Work item: Look through the records below and collect all lines that hold the string "where".

Collected data:
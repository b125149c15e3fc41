-- ===== src/Schedule/Order/Outcome.antt =====
-- What a run of the ready set comes to, from the dependencies that `Deps::new` finds.
use my_nn_engine.Prelude.{
  ℕ, zero, suc, ◌+◌, ◌≤◌, ◌<◌, ◌≡◌, refl, subst, inl, inr, true, false, List, [], ◌∷◌, some, length,
  ltb, ◌==◌, if◌then◌else◌, arith, Bool-cases,
}
use my_nn_engine.Schedule.Ir.{KernelId}
use my_nn_engine.Schedule.Kernels.{Schedule, contains}
use my_nn_engine.Schedule.Alloc.Counts.{count}
use my_nn_engine.Schedule.Deps.{Deps, new}
use my_nn_engine.Schedule.Deps.Links.{contains-count}
use my_nn_engine.Schedule.Deps.Complete.{IsComplete, new-IsComplete}
use my_nn_engine.Schedule.Order.{Order, round, Run}
use my_nn_engine.Schedule.Order.Topological.{set_at, preds_of, left-all, IsTopological}
use my_nn_engine.Schedule.Order.Runs.{Good, consumers-preds, round-runs, Run-Good}

-- How many of the first `n` kernels are done.
abbrev covered : List KernelId → ℕ → ℕ
covered done zero = 0
covered done (suc n) = (if contains done n then 1 else 0) + covered done n

covered-nil : (n : ℕ) → covered [] n ≡ 0
covered-nil zero = refl
covered-nil (suc n) = omega (arith, covered-nil n)

covered-cons :
    (kid : ℕ) (done : List KernelId) (n : ℕ)
    → contains done kid ≡ false
    → covered (kid ∷ done) n ≡ (if ltb kid n then 1 else 0) + covered done n
covered-cons kid done zero h = ground arith
covered-cons kid done (suc n) h = elim (Bool-cases (kid == n)) [
  | inl x ↦
      let same : kid ≡ n = ground arith in
      let h_n : contains done n ≡ false = rw (← same) h in ground (arith, covered-cons kid done n h)
  | inr x ↦ ground (arith, covered-cons kid done n h)
]

covered-le : (done : List KernelId) (n : ℕ) → covered done n ≤ n
covered-le done zero = omega arith
covered-le done (suc n) = ground (arith, covered-le done n)

covered-length :
    (n : ℕ) (deps : Deps) (done : List KernelId)
    → IsTopological n deps done
    → covered done n ≡ length done
covered-length n deps [] t = covered-nil n
covered-length n deps (kid ∷ done) t =
    let rest = covered-length n deps done t.3 in
    let more = covered-cons kid done n t.1 in let known = t.0 in ground arith

set_at-bound : (sets : List (List ℕ)) (i x : ℕ) → 0 < count x (set_at sets i) → i < length sets
set_at-bound [] i x h = absurd (omega arith)
set_at-bound (set ∷ sets) zero x h = omega arith
set_at-bound (set ∷ sets) (suc i) x h = omega (arith, set_at-bound sets i x h)

-- If no kernel is ready, those below a rank are all done.
ranked_done :
    (schedule : Schedule) (deps : Deps) (done : List KernelId) (order : Order) (rank : KernelId → ℕ)
    → IsComplete schedule deps
    → Good (length schedule.kernels) deps done order
    → order.ready ≡ []
    → ((i j : KernelId) → contains (preds_of deps i) j ≡ true → rank j < rank i)
    → (r k : ℕ) → rank k < r
    → k < length schedule.kernels
    → contains done k ≡ true
ranked_done schedule deps done order rank complete g empty falls zero k h l = absurd (omega arith)
ranked_done schedule deps done order rank complete g empty falls (suc r) k h l =
    let none_left = left-all done (preds_of deps k) (λ p c.
      let there = contains-count (preds_of deps k) p in
      let lower = falls k p (ground arith) in
      let linked = consumers-preds schedule deps complete p k in
      ranked_done schedule deps done order rank complete g empty falls r p (omega arith) (
        omega (
          arith,
          set_at-bound deps.kernel_consumers p k (omega (arith, linked)),
          complete.consumers_length,
        ))) in
    let unready : count k order.ready ≡ 0 = rw empty refl in let r = g.ready k in ground arith

module _ (schedule : Schedule) (deps : Deps) (found : new schedule ≡ some deps)
    (done : List KernelId) (order : Order) (run : Run deps done order) where
  found-IsComplete : IsComplete schedule deps
  found-IsComplete =
      let (deps', runs, complete) = new-IsComplete schedule in
      let same : deps' ≡ deps = cc in subst (IsComplete schedule) same complete

  found-Good : Good (length schedule.kernels) deps done order
  found-Good = Run-Good schedule deps found-IsComplete done order run

  -- Let the dependencies be those that `Deps::new` finds for a schedule. After every run of
  -- rounds, whichever ready kernel each one picks: every kernel done is one of the schedule, was
  -- done once, and was done after all the kernels that it waits for; no more kernels were done
  -- than there are; and a round for any kernel that is ready does not panic.
  pub Run-IsTopological :
      IsTopological (length schedule.kernels) deps done
      × (length done ≤ length schedule.kernels)
      × ((kid : KernelId)
          → contains order.ready kid ≡ true
          → (after : Order) × (round deps kid order ≡ some after))
  Run-IsTopological =
      let g = found-Good in
      let n = length schedule.kernels in
      let all = covered-length n deps done g.topological in
      let few = covered-le done n in
      (
        g.topological,
        omega arith,
        λ kid picked.
            let (after, runs, h) =
              round-runs schedule deps found-IsComplete done order kid g picked in
            (after, runs),
      )

  -- Let the dependencies be those that `Deps::new` finds for a schedule, and let them have no
  -- cycle: a rank falls from every kernel to those that it waits for. When a run of rounds has
  -- come to an empty ready set, every kernel of the schedule is done.
  pub Run-all_done :
      (rank : KernelId → ℕ)
      → ((i j : KernelId) → contains (preds_of deps i) j ≡ true → rank j < rank i)
      → order.ready ≡ []
      → (kid : KernelId) → kid < length schedule.kernels
      → contains done kid ≡ true
  Run-all_done rank falls empty kid l =
      ranked_done schedule deps done order rank found-IsComplete found-Good empty falls
        (suc (rank kid)) kid (omega arith) l
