-- ===== src/Schedule/Order/Pick.antt =====
-- `pick_best` of src/schedule/scheduler/memory_aware.rs. A score is kept as its two sums, of the
-- sizes that it adds and of those that it takes away.
pub mod Growth
use my_nn_engine.Prelude.{
  ℕ, ◌+◌, ◌≡◌, refl, inl, inr, Bool, true, false, ◌&&◌, ◌||◌, List, [], ◌∷◌, Option, none, some,
  ◌>>=◌, get_elem?, ltb, ◌==◌, if◌then◌else◌, arith, All, Bool-cases,
}
use mathlib.Core.Option
use my_nn_engine.Schedule.Ir.{ValueId, KernelId}
use my_nn_engine.Schedule.Kernels.{Schedule, flatten, contains, value_byte_size}
use my_nn_engine.Schedule.Deps.{lookup}

abbrev pub Score : Type 0
Score = ℕ × ℕ

-- `value_remaining_uses.get(v).unwrap_or(0)`.
abbrev pub remaining : List (ValueId × ℕ) → ValueId → ℕ
remaining uses v = elim (lookup v uses) [ none ↦ 0 | some n ↦ n ]

unfoldable pub added : Schedule → List ValueId → Option ℕ
added schedule [] = some 0
added schedule (v ∷ vs) = do
  size ← value_byte_size schedule v
  rest ← added schedule vs
  some (size + rest)

unfoldable pub freed : Schedule → List (ValueId × ℕ) → List ValueId → Option ℕ
freed schedule uses [] = some 0
freed schedule uses (v ∷ vs) =
    if remaining uses v == 1
    then (do size ← value_byte_size schedule v; rest ← freed schedule uses vs; some (size + rest))
    else freed schedule uses vs

unfoldable pub score : Schedule → List (ValueId × ℕ) → KernelId → Option Score
unfolding added freed
score schedule uses kid = do
  kernel ← get_elem? schedule.kernels kid
  plus ← added schedule kernel.outputs
  minus ← freed schedule uses (flatten kernel.inputs)
  some (plus, minus)

-- The order of the keys: by score, then by kernel.
abbrev pub earlier : Score → KernelId → Score → KernelId → Bool
earlier (plus, minus) kid (plus', minus') kid' =
    ltb (plus + minus') (plus' + minus) || (plus + minus' == plus' + minus && ltb kid kid')

-- The key with the least score so far against that of the rest, which wins only if it is earlier.
abbrev pub better : Score → KernelId → Option (Score × KernelId) → Score × KernelId
better s kid none = (s, kid)
better s kid (some (t, k)) = if earlier t k s kid then (t, k) else (s, kid)

unfoldable pub best_of :
    Schedule → List (ValueId × ℕ) → List KernelId → Option (Option (Score × KernelId))
best_of schedule uses [] = some none
best_of schedule uses (kid ∷ ready) = do
  s ← score schedule uses kid
  rest ← best_of schedule uses ready
  some (some (better s kid rest))

unfoldable pub pick_best : Schedule → List (ValueId × ℕ) → List KernelId → Option (Option KernelId)
pick_best schedule uses ready =
    Option.map (λ best. Option.map (λ (b : Score × KernelId). b.1) best)
      (best_of schedule uses ready)

abbrev pub IsScored : Schedule → List (ValueId × ℕ) → KernelId → Type 0
IsScored schedule uses kid = (s : Score) × (score schedule uses kid ≡ some s)

earlier_self : (s : Score) (kid : KernelId) → earlier s kid s kid ≡ false
earlier_self (a, b) kid = ground arith

earlier_asym :
    (s t : Score) (kid k : KernelId) → earlier t k s kid ≡ true → earlier s kid t k ≡ false
earlier_asym (a, b) (c, d) kid k h = ground arith

earlier_mono :
    (r s t : Score) (l kid k : KernelId)
    → earlier t k s kid ≡ false
    → earlier r l t k ≡ false
    → earlier r l s kid ≡ false
earlier_mono (e, f) (a, b) (c, d) l kid k h g = ground arith

module _ (schedule : Schedule) (uses : List (ValueId × ℕ)) where
  -- The key is that of a ready kernel, and no ready kernel comes before it.
  pub record Least (ready : List KernelId) (t : Score) (kid : KernelId) : Type 0 where
    pub there : contains ready kid ≡ true
    pub scored : score schedule uses kid ≡ some t
    pub least :
        (k : KernelId) (s : Score)
        → contains ready k ≡ true
        → score schedule uses k ≡ some s
        → earlier s k t kid ≡ false

  Least-one :
      (kid : KernelId) (s : Score) → score schedule uses kid ≡ some s → Least (kid ∷ []) s kid
  Least-one kid s e = record {
    there = ground arith;
    scored = e;
    least = λ k r c f.
        let same : kid ≡ k = ground arith in
        let same_score : r ≡ s = cc in rw (same_score, ← same) (earlier_self s kid);
  }

  Least-kept :
      (kid k : KernelId) (s t : Score) (ready : List KernelId)
      → score schedule uses kid ≡ some s
      → earlier t k s kid ≡ true
      → Least ready t k
      → Least (kid ∷ ready) t k
  Least-kept kid k s t ready e x m = record {
    there = let c = m.there in ground arith;
    scored = m.scored;
    least = λ l r c f. elim (Bool-cases (kid == l)) [
      | inl y ↦
          let same : kid ≡ l = ground arith in
          let same_score : r ≡ s = cc in rw (same_score, ← same) (earlier_asym s t kid k x)
      | inr y ↦ m.least l r (ground arith) f
    ];
  }

  Least-new :
      (kid k : KernelId) (s t : Score) (ready : List KernelId)
      → score schedule uses kid ≡ some s
      → earlier t k s kid ≡ false
      → Least ready t k
      → Least (kid ∷ ready) s kid
  Least-new kid k s t ready e x m = record {
    there = ground arith;
    scored = e;
    least = λ l r c f. elim (Bool-cases (kid == l)) [
      | inl y ↦
          let same : kid ≡ l = ground arith in
          let same_score : r ≡ s = cc in rw (same_score, ← same) (earlier_self s kid)
      | inr y ↦ earlier_mono r s t l kid k x (m.least l r (ground arith) f)
    ];
  }

  best_of-Least :
      (kid : KernelId) (ready : List KernelId)
      → All (IsScored schedule uses) (kid ∷ ready)
      → (t : Score) × (k : KernelId) × (best_of schedule uses (kid ∷ ready) ≡ some (some (t, k)))
        × Least (kid ∷ ready) t k
  unfolding best_of
  best_of-Least kid [] ((s, e), rest) = (s, kid, rw e refl, Least-one kid s e)
  best_of-Least kid (next ∷ ready) ((s, e), rest) =
      let (t, k, runs, m) = best_of-Least next ready rest in
      elim (Bool-cases (earlier t k s kid)) [
        | inl x ↦ (t, k, rw (e, runs, x) refl, Least-kept kid k s t (next ∷ ready) e x m)
        | inr x ↦ (s, kid, rw (e, runs, x) refl, Least-new kid k s t (next ∷ ready) e x m)
      ]

  -- What is picked from the ready set.
  abbrev pub IsLeast : List KernelId → Option KernelId → Type 0
  IsLeast ready none = ready ≡ []
  IsLeast ready (some kid) = (t : Score) × Least ready t kid

-- If every ready kernel has a score, the pick is the least key.
pub pick_best-Least :
    (schedule : Schedule) (uses : List (ValueId × ℕ)) (ready : List KernelId)
    → All (IsScored schedule uses) ready
    → (best : Option KernelId) × (pick_best schedule uses ready ≡ some best)
      × IsLeast schedule uses ready best
unfolding pick_best best_of
pick_best-Least schedule uses [] scored = (none, refl, refl)
pick_best-Least schedule uses (kid ∷ ready) scored =
    let (t, k, runs, m) = best_of-Least schedule uses kid ready scored in
    (some k, rw runs refl, (t, m))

Result:
    (done : List KernelId) (order : Order) (run : Run deps done order) where
module _ (schedule : Schedule) (uses : List (ValueId × ℕ)) where
  pub record Least (ready : List KernelId) (t : Score) (kid : KernelId) : Type 0 where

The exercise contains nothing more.